» YOUR GOAL
Write out, word for word, every line in the data below from the one containing "let s3 : Reachable" to the one containing "next s3 (moves", both of them included.

» RECORDS TO USE
******
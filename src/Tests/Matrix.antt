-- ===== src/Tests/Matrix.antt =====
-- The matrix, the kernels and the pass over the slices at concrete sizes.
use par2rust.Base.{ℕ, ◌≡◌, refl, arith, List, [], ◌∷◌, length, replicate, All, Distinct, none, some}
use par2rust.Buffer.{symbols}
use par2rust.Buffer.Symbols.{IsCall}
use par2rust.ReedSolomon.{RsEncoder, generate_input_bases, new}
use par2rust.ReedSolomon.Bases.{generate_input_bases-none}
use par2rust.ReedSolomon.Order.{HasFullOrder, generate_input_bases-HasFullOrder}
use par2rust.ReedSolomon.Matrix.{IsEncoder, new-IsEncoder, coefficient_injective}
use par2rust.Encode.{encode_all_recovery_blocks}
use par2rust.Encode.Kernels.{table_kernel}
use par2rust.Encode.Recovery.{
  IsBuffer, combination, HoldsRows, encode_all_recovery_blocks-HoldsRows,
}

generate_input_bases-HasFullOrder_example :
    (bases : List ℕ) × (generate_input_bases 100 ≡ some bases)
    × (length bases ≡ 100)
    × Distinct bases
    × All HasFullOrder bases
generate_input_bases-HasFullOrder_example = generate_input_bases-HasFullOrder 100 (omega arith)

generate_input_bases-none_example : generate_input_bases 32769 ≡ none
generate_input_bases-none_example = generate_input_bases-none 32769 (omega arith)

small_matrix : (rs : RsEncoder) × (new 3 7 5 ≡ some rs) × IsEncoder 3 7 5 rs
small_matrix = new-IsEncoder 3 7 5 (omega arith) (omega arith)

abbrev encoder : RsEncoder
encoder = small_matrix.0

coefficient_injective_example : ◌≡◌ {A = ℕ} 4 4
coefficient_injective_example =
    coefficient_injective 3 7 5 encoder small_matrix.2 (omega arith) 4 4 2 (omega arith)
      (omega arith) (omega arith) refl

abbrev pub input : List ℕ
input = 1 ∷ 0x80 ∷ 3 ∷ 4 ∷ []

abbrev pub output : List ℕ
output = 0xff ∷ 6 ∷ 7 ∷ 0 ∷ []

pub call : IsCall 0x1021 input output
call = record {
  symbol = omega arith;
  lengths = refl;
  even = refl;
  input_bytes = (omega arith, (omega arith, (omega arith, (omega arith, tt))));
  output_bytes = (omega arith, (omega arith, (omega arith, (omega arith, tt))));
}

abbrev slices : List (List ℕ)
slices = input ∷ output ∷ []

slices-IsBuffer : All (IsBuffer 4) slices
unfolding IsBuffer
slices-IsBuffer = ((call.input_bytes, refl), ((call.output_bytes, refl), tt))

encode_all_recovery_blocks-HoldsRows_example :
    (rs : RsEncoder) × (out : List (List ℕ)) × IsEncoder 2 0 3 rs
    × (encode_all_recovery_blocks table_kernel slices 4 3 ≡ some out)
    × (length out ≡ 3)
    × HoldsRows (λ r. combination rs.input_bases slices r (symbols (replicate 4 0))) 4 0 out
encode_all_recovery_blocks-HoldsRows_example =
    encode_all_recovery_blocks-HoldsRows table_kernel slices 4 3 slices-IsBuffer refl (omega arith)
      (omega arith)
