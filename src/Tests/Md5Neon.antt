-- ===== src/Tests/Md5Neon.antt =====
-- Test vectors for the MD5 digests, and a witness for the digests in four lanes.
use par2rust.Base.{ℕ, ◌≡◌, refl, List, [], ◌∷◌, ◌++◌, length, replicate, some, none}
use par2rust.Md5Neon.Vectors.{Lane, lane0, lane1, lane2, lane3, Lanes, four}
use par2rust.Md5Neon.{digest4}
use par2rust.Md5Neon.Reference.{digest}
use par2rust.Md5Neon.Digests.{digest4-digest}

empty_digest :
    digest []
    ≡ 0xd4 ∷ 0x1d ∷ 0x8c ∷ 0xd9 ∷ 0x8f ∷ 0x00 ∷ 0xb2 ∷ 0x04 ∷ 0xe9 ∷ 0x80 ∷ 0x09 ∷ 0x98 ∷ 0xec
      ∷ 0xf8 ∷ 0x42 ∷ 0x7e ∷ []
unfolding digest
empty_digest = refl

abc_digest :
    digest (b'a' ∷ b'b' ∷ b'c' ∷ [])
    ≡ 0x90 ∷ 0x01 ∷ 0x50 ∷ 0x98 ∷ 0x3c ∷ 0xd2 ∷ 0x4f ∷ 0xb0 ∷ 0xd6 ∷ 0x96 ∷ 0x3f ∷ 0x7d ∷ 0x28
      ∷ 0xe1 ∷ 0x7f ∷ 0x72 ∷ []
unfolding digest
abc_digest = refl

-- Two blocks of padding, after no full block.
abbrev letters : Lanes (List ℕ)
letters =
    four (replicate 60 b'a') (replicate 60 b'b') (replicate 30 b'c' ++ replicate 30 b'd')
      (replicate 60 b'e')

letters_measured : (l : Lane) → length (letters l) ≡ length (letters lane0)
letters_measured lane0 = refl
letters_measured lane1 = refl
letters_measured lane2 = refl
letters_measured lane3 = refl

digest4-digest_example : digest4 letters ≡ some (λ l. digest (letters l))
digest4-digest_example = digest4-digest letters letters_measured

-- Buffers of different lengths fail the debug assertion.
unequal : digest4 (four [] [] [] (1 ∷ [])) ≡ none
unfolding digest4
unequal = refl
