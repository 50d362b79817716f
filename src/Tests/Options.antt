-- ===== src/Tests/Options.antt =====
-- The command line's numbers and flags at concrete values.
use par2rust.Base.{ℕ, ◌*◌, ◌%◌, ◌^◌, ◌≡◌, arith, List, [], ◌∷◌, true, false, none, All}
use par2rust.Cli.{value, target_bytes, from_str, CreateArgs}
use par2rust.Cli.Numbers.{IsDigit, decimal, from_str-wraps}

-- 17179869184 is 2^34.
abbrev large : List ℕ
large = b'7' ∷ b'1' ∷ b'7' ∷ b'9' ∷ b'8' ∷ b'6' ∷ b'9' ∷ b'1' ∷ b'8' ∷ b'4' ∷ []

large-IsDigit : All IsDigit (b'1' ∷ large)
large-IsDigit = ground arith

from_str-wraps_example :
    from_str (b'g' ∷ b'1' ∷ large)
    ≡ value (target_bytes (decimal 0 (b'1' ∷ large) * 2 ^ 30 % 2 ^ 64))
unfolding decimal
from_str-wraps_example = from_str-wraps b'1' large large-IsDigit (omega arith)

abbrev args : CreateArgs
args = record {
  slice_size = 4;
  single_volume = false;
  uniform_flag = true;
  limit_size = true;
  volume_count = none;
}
******
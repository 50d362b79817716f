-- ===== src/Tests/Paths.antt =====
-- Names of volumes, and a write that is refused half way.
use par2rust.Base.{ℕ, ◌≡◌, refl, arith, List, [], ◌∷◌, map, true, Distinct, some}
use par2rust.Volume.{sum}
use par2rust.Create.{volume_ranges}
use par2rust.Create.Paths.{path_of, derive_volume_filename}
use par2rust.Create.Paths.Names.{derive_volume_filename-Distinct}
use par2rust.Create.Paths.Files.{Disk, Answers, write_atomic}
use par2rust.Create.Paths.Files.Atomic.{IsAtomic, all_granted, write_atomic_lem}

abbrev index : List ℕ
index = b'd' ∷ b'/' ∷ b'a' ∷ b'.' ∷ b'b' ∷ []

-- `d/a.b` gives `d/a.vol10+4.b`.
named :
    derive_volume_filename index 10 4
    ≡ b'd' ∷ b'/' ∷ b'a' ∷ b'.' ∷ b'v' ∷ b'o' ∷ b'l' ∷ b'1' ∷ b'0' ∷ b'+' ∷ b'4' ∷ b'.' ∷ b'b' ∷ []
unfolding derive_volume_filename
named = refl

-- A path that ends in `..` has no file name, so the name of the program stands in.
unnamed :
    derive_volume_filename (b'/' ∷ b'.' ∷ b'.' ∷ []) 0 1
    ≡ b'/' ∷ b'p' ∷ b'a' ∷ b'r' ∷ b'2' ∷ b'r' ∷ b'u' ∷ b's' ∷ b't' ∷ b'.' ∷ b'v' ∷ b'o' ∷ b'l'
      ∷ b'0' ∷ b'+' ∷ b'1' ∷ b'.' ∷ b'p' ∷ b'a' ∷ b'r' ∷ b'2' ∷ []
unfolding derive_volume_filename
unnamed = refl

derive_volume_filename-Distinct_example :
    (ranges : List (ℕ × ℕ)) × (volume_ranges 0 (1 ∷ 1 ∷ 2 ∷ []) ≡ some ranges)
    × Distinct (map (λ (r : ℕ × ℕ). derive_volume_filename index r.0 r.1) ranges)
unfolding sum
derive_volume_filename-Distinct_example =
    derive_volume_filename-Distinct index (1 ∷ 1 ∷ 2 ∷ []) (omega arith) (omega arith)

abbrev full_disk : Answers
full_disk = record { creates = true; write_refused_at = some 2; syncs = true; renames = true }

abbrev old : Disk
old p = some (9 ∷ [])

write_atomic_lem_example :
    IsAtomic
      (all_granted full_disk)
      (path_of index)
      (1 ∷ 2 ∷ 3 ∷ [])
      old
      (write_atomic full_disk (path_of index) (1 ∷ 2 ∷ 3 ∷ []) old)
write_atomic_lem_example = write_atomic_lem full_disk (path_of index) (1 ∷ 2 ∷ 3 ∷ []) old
******
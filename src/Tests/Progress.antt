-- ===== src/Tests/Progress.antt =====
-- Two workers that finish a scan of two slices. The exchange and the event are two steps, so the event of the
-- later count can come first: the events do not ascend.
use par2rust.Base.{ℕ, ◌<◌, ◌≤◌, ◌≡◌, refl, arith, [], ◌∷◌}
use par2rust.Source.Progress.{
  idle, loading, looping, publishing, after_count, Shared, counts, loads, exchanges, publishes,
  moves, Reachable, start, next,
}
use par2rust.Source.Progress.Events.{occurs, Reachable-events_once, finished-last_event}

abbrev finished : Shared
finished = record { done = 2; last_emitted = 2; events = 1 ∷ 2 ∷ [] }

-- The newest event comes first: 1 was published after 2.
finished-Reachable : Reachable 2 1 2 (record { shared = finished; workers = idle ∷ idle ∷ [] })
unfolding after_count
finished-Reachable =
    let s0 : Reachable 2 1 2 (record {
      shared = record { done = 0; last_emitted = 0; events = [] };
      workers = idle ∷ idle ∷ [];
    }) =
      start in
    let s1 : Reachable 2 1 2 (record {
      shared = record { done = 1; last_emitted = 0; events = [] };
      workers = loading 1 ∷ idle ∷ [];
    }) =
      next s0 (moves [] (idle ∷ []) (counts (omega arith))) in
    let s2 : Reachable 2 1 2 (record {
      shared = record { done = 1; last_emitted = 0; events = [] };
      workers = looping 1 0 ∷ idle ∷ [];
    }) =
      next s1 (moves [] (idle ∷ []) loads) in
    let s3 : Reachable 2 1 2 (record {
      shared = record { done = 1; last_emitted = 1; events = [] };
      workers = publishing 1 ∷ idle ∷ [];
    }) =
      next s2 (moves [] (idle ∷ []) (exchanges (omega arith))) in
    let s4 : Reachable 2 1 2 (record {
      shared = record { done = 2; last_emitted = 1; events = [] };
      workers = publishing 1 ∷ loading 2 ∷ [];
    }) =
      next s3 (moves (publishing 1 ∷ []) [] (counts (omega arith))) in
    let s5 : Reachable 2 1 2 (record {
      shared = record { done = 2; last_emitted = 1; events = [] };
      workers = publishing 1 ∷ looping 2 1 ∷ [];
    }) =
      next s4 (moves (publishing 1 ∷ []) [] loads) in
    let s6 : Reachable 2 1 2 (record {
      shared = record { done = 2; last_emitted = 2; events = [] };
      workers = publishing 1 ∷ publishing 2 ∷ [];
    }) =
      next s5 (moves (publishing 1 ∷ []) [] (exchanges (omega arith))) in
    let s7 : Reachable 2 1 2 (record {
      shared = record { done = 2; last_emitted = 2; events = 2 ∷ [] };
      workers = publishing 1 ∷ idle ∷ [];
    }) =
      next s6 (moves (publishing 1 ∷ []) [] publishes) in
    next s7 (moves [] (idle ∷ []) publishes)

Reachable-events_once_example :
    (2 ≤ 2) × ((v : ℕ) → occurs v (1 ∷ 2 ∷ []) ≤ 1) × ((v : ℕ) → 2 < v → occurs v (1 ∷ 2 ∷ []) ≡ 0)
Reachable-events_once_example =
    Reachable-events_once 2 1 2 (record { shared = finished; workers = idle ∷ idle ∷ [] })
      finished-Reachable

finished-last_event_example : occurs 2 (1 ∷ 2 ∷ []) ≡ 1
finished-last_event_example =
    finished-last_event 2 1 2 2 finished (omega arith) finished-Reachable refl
******
» RESULT FOR THIS TASK
    let s3 : Reachable 2 1 2 (record {
      shared = record { done = 1; last_emitted = 1; events = [] };
      workers = publishing 1 ∷ idle ∷ [];
    }) =
      next s2 (moves [] (idle ∷ []) (exchanges (omega arith))) in
    let s4 : Reachable 2 1 2 (record {
      shared = record { done = 2; last_emitted = 1; events = [] };
      workers = publishing 1 ∷ loading 2 ∷ [];
    }) =
      next s3 (moves (publishing 1 ∷ []) [] (counts (omega arith))) in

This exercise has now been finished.